Anyway, thanks for providing these details on such promising work.
thanks for the clarification. can you give hints on number of qubits achieved in current and anticipated models?
Reading one of the scaling papers it talks about theoretically getting to hundreds or thousands of qubits in optimal cases.
In a 2004 Business 2.0 article it mentions that you, gordie Rose had a target of 32 qubits for 2007.
I got the prior article slashdotted. My guess is when Gordie releases the service that he mentioned or states some key info like qubits for 2007 then we can get another article slashdotted.
Meanwhile I can send some stuff up to digg and some other sources.
I am excited by the potential for this technology to enable more rapid progress in areas like Molecular nanotechnology. (quantum simulations etc..)
blue gene just lost a lot of luster
“blue gene just lost a lot of luster” Yeah right.
Rose, you say that your definition of analog computer does not mention continuous variables. Well, just because you choose to ignore the truth does not mean it’s going to go away. The problem with analog computers is that they are not very accurate. Consider slide rules: analog computers, easy to implement, and they DO work. But they give you E-3 accuracy. PCs, on the other hand, give you E-15 accuracy. Have your engineers estimated the accuracy of your machine? Does your company have a plan B that includes digital circuits and error correction?
Hi rrtucci! The difference between classical analog computers, like slide rules, and quantum ones, like AQCs, is that in approaches like AQC the natural physical variables we’re using for computation are inherently discrete because of QM, and that discrete QM nature protects them from the types of errors that usually plague analog computers (note that this is far from obvious - see Ed Farhi’s 2001 Science paper on AQC for an overview). So I wanted to point out that even though our normal conception of analog computers are machines where the variables we care about (position, angles, etc.) are continuous on the scale of precision of our measuring devices, in analog quantum computational models these variables are discrete on the scale of the measuring devices, and this discrete nature leads to an energy gap between the “correct” answer and approximate answers which protects these approaches from errors. Therefore the definition of analog computation that applies for both quantum and classical machines is the one I quoted in the post - alot of the other tags analog computation gets only apply to classical analog computers.
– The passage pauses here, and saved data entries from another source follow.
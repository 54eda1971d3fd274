-- ===== src/Native/Actor/Unseen/Signals.antt =====
-- The WebRTC signaling of actor.rs under `IsUnseen`.
use lobbylink.Base.{ℕ, refl, false, List, [], ◌∷◌, Option, ltb, if_both, lookup_cases, Text}
use lobbylink.Base.Map
use lobbylink.Base.Map.{get-remove}
use lobbylink.Protocol.{SignalPayload, offer, answer, ice, unknown}
use lobbylink.Protocol.Values.{Json}
use lobbylink.Native.Actor.{Link, Rtc, Actor, remote_set, put}
use lobbylink.Native.Actor.Peers.{create_link}
use lobbylink.Native.Actor.Signals.{
  pass_candidate, pass_candidates, flush_peer, flush_candidates, answer_offer, handle_offer,
  handle_answer, take_candidate, handle_ice, handle_payload, handle_signal,
}
use lobbylink.Native.Actor.Unseen.{
  events, delays, IsUnseen, IsUnseen-refl, IsUnseen-trans, create_link-IsUnseen,
  send_local-IsUnseen,
}

pass_candidate-IsUnseen :
    (a : Actor) (rtc : Rtc) (epoch : ℕ) (c : Json) → IsUnseen a (pass_candidate a rtc epoch c)
unfolding pass_candidate events delays
pass_candidate-IsUnseen a rtc epoch c =
    if_both (IsUnseen a) (rtc.candidate_ok c) _ a
      (record { roster = refl; closed = refl; reported = refl; counts = refl; timers = λ _. refl })
      (IsUnseen-refl a)

pass_candidates-IsUnseen :
    (a : Actor) (rtc : Rtc) (epoch : ℕ) (cs : List Json)
    → IsUnseen a (pass_candidates a rtc epoch cs)
unfolding pass_candidates
pass_candidates-IsUnseen a rtc epoch [] = IsUnseen-refl a
pass_candidates-IsUnseen a rtc epoch (c ∷ cs) =
    IsUnseen-trans a _ _ (pass_candidate-IsUnseen a rtc epoch c)
      (pass_candidates-IsUnseen (pass_candidate a rtc epoch c) rtc epoch cs)

flush_candidates-IsUnseen : (a : Actor) (rtc : Rtc) (k : ℕ) → IsUnseen a (flush_candidates a rtc k)
unfolding flush_candidates flush_peer
flush_candidates-IsUnseen a rtc k =
    lookup_cases (IsUnseen a) (Map.get a.peers k) a _ (λ _. IsUnseen-refl a)
      (λ peer _.
        lookup_cases (IsUnseen a) peer.pending_candidates a _ (λ _. IsUnseen-refl a)
          (λ pending _.
            let passed = pass_candidates-IsUnseen _ rtc peer.link.epoch pending in
            record {
              roster = passed.roster;
              closed = passed.closed;
              reported = passed.reported;
              counts = passed.counts;
              timers = passed.timers;
            }))

-- The remote description is set, then the candidates are flushed.
described-IsUnseen :
    (a : Actor) (rtc : Rtc) (k epoch : ℕ) (sdp : Text)
    → IsUnseen a (flush_candidates (put a (remote_set epoch sdp)) rtc k)
unfolding events delays
described-IsUnseen a rtc k epoch sdp =
    let flushed = flush_candidates-IsUnseen (put a (remote_set epoch sdp)) rtc k in
    record {
      roster = flushed.roster;
      closed = flushed.closed;
      reported = flushed.reported;
      counts = flushed.counts;
      timers = flushed.timers;
    }

answer_offer-IsUnseen :
    (a : Actor) (rtc : Rtc) (k : ℕ) (link : Link) (sdp : Text)
    → IsUnseen a (answer_offer a rtc k link sdp)
unfolding answer_offer
answer_offer-IsUnseen a rtc k link sdp =
    let flushed = described-IsUnseen a rtc k link.epoch sdp in
    if_both (IsUnseen a) _ a _ (IsUnseen-refl a) (
      if_both (IsUnseen a) _ _ _ flushed
        (IsUnseen-trans a _ _ flushed (send_local-IsUnseen _ rtc k answer)))

handle_offer-IsUnseen :
    (a : Actor) (rtc : Rtc) (k : ℕ) (sdp : Text) → IsUnseen a (handle_offer a rtc k sdp)
unfolding handle_offer
handle_offer-IsUnseen a rtc k sdp =
    let made = create_link-IsUnseen a rtc k false in
    if_both (IsUnseen a) (ltb a.self_id k) a _ (IsUnseen-refl a) (
      lookup_cases (IsUnseen a) (create_link a rtc k false).1 _ _ (λ _. made)
        (λ link _. IsUnseen-trans a _ _ made (answer_offer-IsUnseen _ rtc k link sdp)))

handle_answer-IsUnseen :
    (a : Actor) (rtc : Rtc) (k : ℕ) (sdp : Text) → IsUnseen a (handle_answer a rtc k sdp)
unfolding handle_answer
handle_answer-IsUnseen a rtc k sdp =
    lookup_cases (IsUnseen a) (Map.get a.peers k) a _ (λ _. IsUnseen-refl a)
      (λ peer _. if_both (IsUnseen a) _ a _ (IsUnseen-refl a) (
        if_both (IsUnseen a) _ a _ (IsUnseen-refl a)
          (described-IsUnseen a rtc k peer.link.epoch sdp)))

handle_ice-IsUnseen :
    (a : Actor) (rtc : Rtc) (k : ℕ) (candidate : Option Json)
    → IsUnseen a (handle_ice a rtc k candidate)
unfolding handle_ice take_candidate
handle_ice-IsUnseen a rtc k candidate =
    lookup_cases (IsUnseen a) (Map.get a.peers k) a _ (λ _. IsUnseen-refl a)
      (λ peer _. if_both (IsUnseen a) _ a _ (IsUnseen-refl a) (
        lookup_cases (IsUnseen a) candidate a _ (λ _. IsUnseen-refl a)
          (λ c _.
            lookup_cases (IsUnseen a) peer.pending_candidates _ _
              (λ _. pass_candidate-IsUnseen a rtc peer.link.epoch c)
              (λ _ _. record {
                roster = refl;
                closed = refl;
                reported = refl;
                counts = refl;
                timers = λ _. refl;
              }))))

handle_payload-IsUnseen :
    (a : Actor) (rtc : Rtc) (k : ℕ) (payload : SignalPayload)
    → IsUnseen a (handle_payload a rtc k payload)
unfolding handle_payload
handle_payload-IsUnseen a rtc k (offer sdp) = handle_offer-IsUnseen a rtc k sdp
handle_payload-IsUnseen a rtc k (answer sdp) = handle_answer-IsUnseen a rtc k sdp
handle_payload-IsUnseen a rtc k (ice candidate) = handle_ice-IsUnseen a rtc k candidate
handle_payload-IsUnseen a rtc k unknown = IsUnseen-refl a

pub handle_signal-IsUnseen :
    (a : Actor) (rtc : Rtc) (k : ℕ) (payload : SignalPayload)
    → IsUnseen a (handle_signal a rtc k payload)
unfolding handle_signal
handle_signal-IsUnseen a rtc k payload =
    if_both (IsUnseen a) _ a _ (IsUnseen-refl a) (handle_payload-IsUnseen a rtc k payload)
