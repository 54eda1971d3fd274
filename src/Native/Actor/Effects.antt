-- ===== src/Native/Actor/Effects.antt =====
-- What a lobby message does to the roster, and what is reported of it.
use lobbylink.Base.{
  ℕ, ◌<◌, ◌≡◌, refl, ap, ◌∙◌, Bool, true, false, List, [], ◌∷◌, ◌++◌, some, ◌==◌, if◌then◌else◌,
  arith, if_both, get_elem?, Text, codes, text_eq,
}
use lobbylink.Events.{Event, PlayerLeftReason, explicit_leave, disconnected, from_wire}
use lobbylink.Events as EventsOf
use lobbylink.Protocol.{
  ServerMessage, joined, player_joined, player_left, player_rejoined, player_replaced, room_started,
  signal_from, error, unknown_message, is_fatal_code, is_game_over_code,
}
use lobbylink.Room.{slot_after, event_of}
use lobbylink.Roster.{PlayerInfo, modify}
use lobbylink.Roster.Laws.{get_elem?-modify, roster_from_snapshot_exact}
use lobbylink.Native.Actor.{Rtc, Actor}
use lobbylink.Native.Actor.Peers.{emit, sync_roster}
use lobbylink.Native.Actor.Lobby.{
  reset_peer, leave_slot, return_slot, close_if_left, game_over, handle_error,
  handle_server_message,
}
use lobbylink.Native.Actor.Unseen.{
  events, delays, IsUnseen, close_peer-IsUnseen, teardown_peers-IsUnseen, reset_peer-IsReset,
}
use lobbylink.Native.Actor.Unseen.Signals.{handle_signal-IsUnseen}

events-emit :
    (a : Actor) (e : Event)
    → events (emit a e).log ≡ (if a.closed then [] else e ∷ []) ++ events a.log
unfolding emit events
events-emit a e = ground arith

roster-emit : (a : Actor) (e : Event) → (emit a e).roster ≡ a.roster
unfolding emit
roster-emit a e = ground arith

-- A report, and then a new link to the player.
reset_reported :
    (a : Actor) (e : Event) (rtc : Rtc) (k : ℕ)
    → ((reset_peer (emit a e) rtc k).roster ≡ a.roster)
      × (events (reset_peer (emit a e) rtc k).log
          ≡ (if a.closed then [] else e ∷ []) ++ events a.log)
reset_reported a e rtc k =
    let unseen = reset_peer-IsReset (emit a e) rtc k in
    (unseen.roster ∙ roster-emit a e, unseen.reported ∙ events-emit a e)

-- A report after a part that is not seen.
unseen_reported :
    (a b : Actor) (e : Event)
    → IsUnseen a b
    → ((emit b e).roster ≡ a.roster)
      × (events (emit b e).log ≡ (if a.closed then [] else e ∷ []) ++ events a.log)
unseen_reported a b e u = (roster-emit b e ∙ u.roster, events-emit b e ∙ cc (u.closed, u.reported))

pub close_if_left-IsUnseen :
    (a : Actor) (k : ℕ) (reason : PlayerLeftReason) → IsUnseen a (close_if_left a k reason)
unfolding close_if_left
close_if_left-IsUnseen a k explicit_leave = close_peer-IsUnseen a k
close_if_left-IsUnseen a k disconnected = record {
  roster = refl;
  closed = refl;
  reported = refl;
  counts = refl;
  timers = λ _. refl;
}

pub game_over-IsUnseen : (a : Actor) (code : Text) → IsUnseen a (game_over a code)
unfolding game_over events delays
game_over-IsUnseen a code =
    let torn = teardown_peers-IsUnseen a in
    if_both (IsUnseen a) (text_eq code (codes "session-superseded")) _ _ torn (record {
      roster = torn.roster;
      closed = torn.closed;
      reported = torn.reported;
      counts = torn.counts;
      timers = torn.timers;
    })

handle_error_reported :
    (a : Actor) (code message : Text)
    → ((handle_error a code message).roster ≡ a.roster)
      × (events (handle_error a code message).log
          ≡ (if a.closed then [] else event_of (error code message)) ++ events a.log)
unfolding handle_error event_of
handle_error_reported a code message = go (is_fatal_code code)
  where
    closing : Event
    closing = EventsOf.Event.signaling_closed code message

    harmless : Event
    harmless = EventsOf.Event.lobby_error code message

    seen : Actor
    seen = record a { fatal_seen = true }

    over : IsUnseen a (if is_game_over_code code then game_over seen code else seen)
    over =
        let torn = game_over-IsUnseen seen code in
        if_both (IsUnseen a) (is_game_over_code code) _ _
          (record {
            roster = torn.roster;
            closed = torn.closed;
            reported = torn.reported;
            counts = torn.counts;
            timers = torn.timers;
          })
          (record {
            roster = refl;
            closed = refl;
            reported = refl;
            counts = refl;
            timers = λ _. refl;
          })

    go :
        (fatal : Bool)
        → let end =
            if fatal
            then emit (if is_game_over_code code then game_over seen code else seen) closing
            else emit a harmless in
          (end.roster ≡ a.roster)
          × (events end.log
              ≡ (if a.closed then [] else ((if fatal then closing else harmless) ∷ []))
                ++ events a.log)
    go true = unseen_reported a _ closing over
    go false = (roster-emit a harmless, events-emit a harmless)

read_reason :
    (reason : Text)
    → from_wire reason
      ≡ (if text_eq reason (codes "explicit-leave") then explicit_leave else disconnected)
unfolding from_wire
read_reason reason = refl

left_slot :
    (reason : Text) (s : PlayerInfo)
    → leave_slot (from_wire reason) s ≡ record {
      id = s.id;
      occupied = if text_eq reason (codes "explicit-leave") then false else s.occupied;
      connected = false;
    }
unfolding from_wire
left_slot reason s = ground arith

get_elem?-modified :
    (a : Actor) (k i : ℕ) (f : PlayerInfo → PlayerInfo) (s : PlayerInfo) (roster : List PlayerInfo)
    → roster ≡ modify a.roster k f
    → get_elem? a.roster i ≡ some s
    → get_elem? roster i ≡ some (if k == i then f s else s)
get_elem?-modified a k i f s roster same there =
    ap (λ r. get_elem? r i) same ∙ get_elem?-modify a.roster k i f s there

-- What is reported of a lobby message.
pub handle_server_message_reported :
    (a : Actor) (rtc : Rtc) (msg : ServerMessage)
    → events (handle_server_message a rtc msg).log
      ≡ (if a.closed then [] else event_of msg) ++ events a.log
unfolding handle_server_message event_of sync_roster
handle_server_message_reported a rtc (player_joined k players) =
    (reset_reported _ (EventsOf.Event.player_joined k) rtc k).1
handle_server_message_reported a rtc (player_left k reason) =
    (unseen_reported _ _ (EventsOf.Event.player_left k (from_wire reason))
      (close_if_left-IsUnseen _ k (from_wire reason))).1
    ∙ ap (λ r. (if a.closed then [] else (EventsOf.Event.player_left k r ∷ [])) ++ events a.log)
        (read_reason reason)
handle_server_message_reported a rtc (player_rejoined k was_replacement) =
    (reset_reported _ (EventsOf.Event.player_rejoined k was_replacement) rtc k).1
handle_server_message_reported a rtc (player_replaced k) =
    (reset_reported _ (EventsOf.Event.player_replaced k) rtc k).1
handle_server_message_reported a rtc room_started = events-emit _ _
handle_server_message_reported a rtc (signal_from from payload) =
    (handle_signal-IsUnseen a rtc from payload).reported ∙ ground arith
handle_server_message_reported a rtc (error code message) = (handle_error_reported a code message).1
handle_server_message_reported a rtc (joined msg) = ground arith
handle_server_message_reported a rtc unknown_message = ground arith

handle_server_message_slots :
    (a : Actor) (rtc : Rtc) (msg : ServerMessage) (i : ℕ) (s : PlayerInfo)
    → i < a.max_players
    → get_elem? a.roster i ≡ some s
    → get_elem? (handle_server_message a rtc msg).roster i ≡ some (slot_after msg i s)
unfolding handle_server_message slot_after sync_roster
handle_server_message_slots a rtc (player_joined k players) i s h there =
    ap (λ r. get_elem? r i) (reset_reported _ (EventsOf.Event.player_joined k) rtc k).0
    ∙ (roster_from_snapshot_exact a.max_players players).1 i h
handle_server_message_slots a rtc (player_left k reason) i s h there =
    get_elem?-modified a k i (leave_slot (from_wire reason)) s _
      (unseen_reported _ _ (EventsOf.Event.player_left k (from_wire reason))
        (close_if_left-IsUnseen _ k (from_wire reason))).0
      there
    ∙ ap (λ t. some (if k == i then t else s)) (left_slot reason s)
handle_server_message_slots a rtc (player_rejoined k was_replacement) i s h there =
    get_elem?-modified a k i return_slot s _
      (reset_reported _ (EventsOf.Event.player_rejoined k was_replacement) rtc k).0 there
handle_server_message_slots a rtc (player_replaced k) i s h there =
    get_elem?-modified a k i return_slot s _
      (reset_reported _ (EventsOf.Event.player_replaced k) rtc k).0 there
handle_server_message_slots a rtc room_started i s h there =
    ap (λ r. get_elem? r i) (roster-emit _ _) ∙ there
handle_server_message_slots a rtc (signal_from from payload) i s h there =
    ap (λ r. get_elem? r i) (handle_signal-IsUnseen a rtc from payload).roster ∙ there
handle_server_message_slots a rtc (error code message) i s h there =
    ap (λ r. get_elem? r i) (handle_error_reported a code message).0 ∙ there
handle_server_message_slots a rtc (joined msg) i s h there = there
handle_server_message_slots a rtc unknown_message i s h there = there

-- After a lobby message every slot of the roster is what the message's meaning makes of the slot
-- before; the message is reported by exactly one event, or by none if it is a signal, a second
-- "joined", of an unknown type, or if the session is closed.
pub handle_server_message_exact :
    (a : Actor) (rtc : Rtc) (msg : ServerMessage) (i : ℕ) (s : PlayerInfo)
    → i < a.max_players
    → get_elem? a.roster i ≡ some s
    → (get_elem? (handle_server_message a rtc msg).roster i ≡ some (slot_after msg i s))
      × (events (handle_server_message a rtc msg).log
          ≡ (if a.closed then [] else event_of msg) ++ events a.log)
handle_server_message_exact a rtc msg i s h there =
    (handle_server_message_slots a rtc msg i s h there, handle_server_message_reported a rtc msg)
Yes but, adiabatic quantum computers are more analog than digital quantum computers. They evolve continuously rather than in discrete steps. And discrete energy levels can be so close compared to noise that their discreteness becomes irrelevant.
Have your engineers estimated the accuracy of your machine, either analytically (Cramer Rao bound for a model, etc.) or by computer simulation? Graphs from such studies would be very pertinent to this conversation. Such studies can be wrong too, but at least they go beyond the point of mere words. Of course, your experiments will answer the accuracy question eventually, but not trying to estimate it beforehand would be a reckless gamble for a company.
I agree with your dislike of the gate model, it’s stiffling and antiquated, but I think the authors of that paper should have chosen a different term than “analog” for their method. Unfortunately for them, it already is in common use for “continous value” computation methods, therefore trying to use it for “analogy-based” will cause confusion among readers.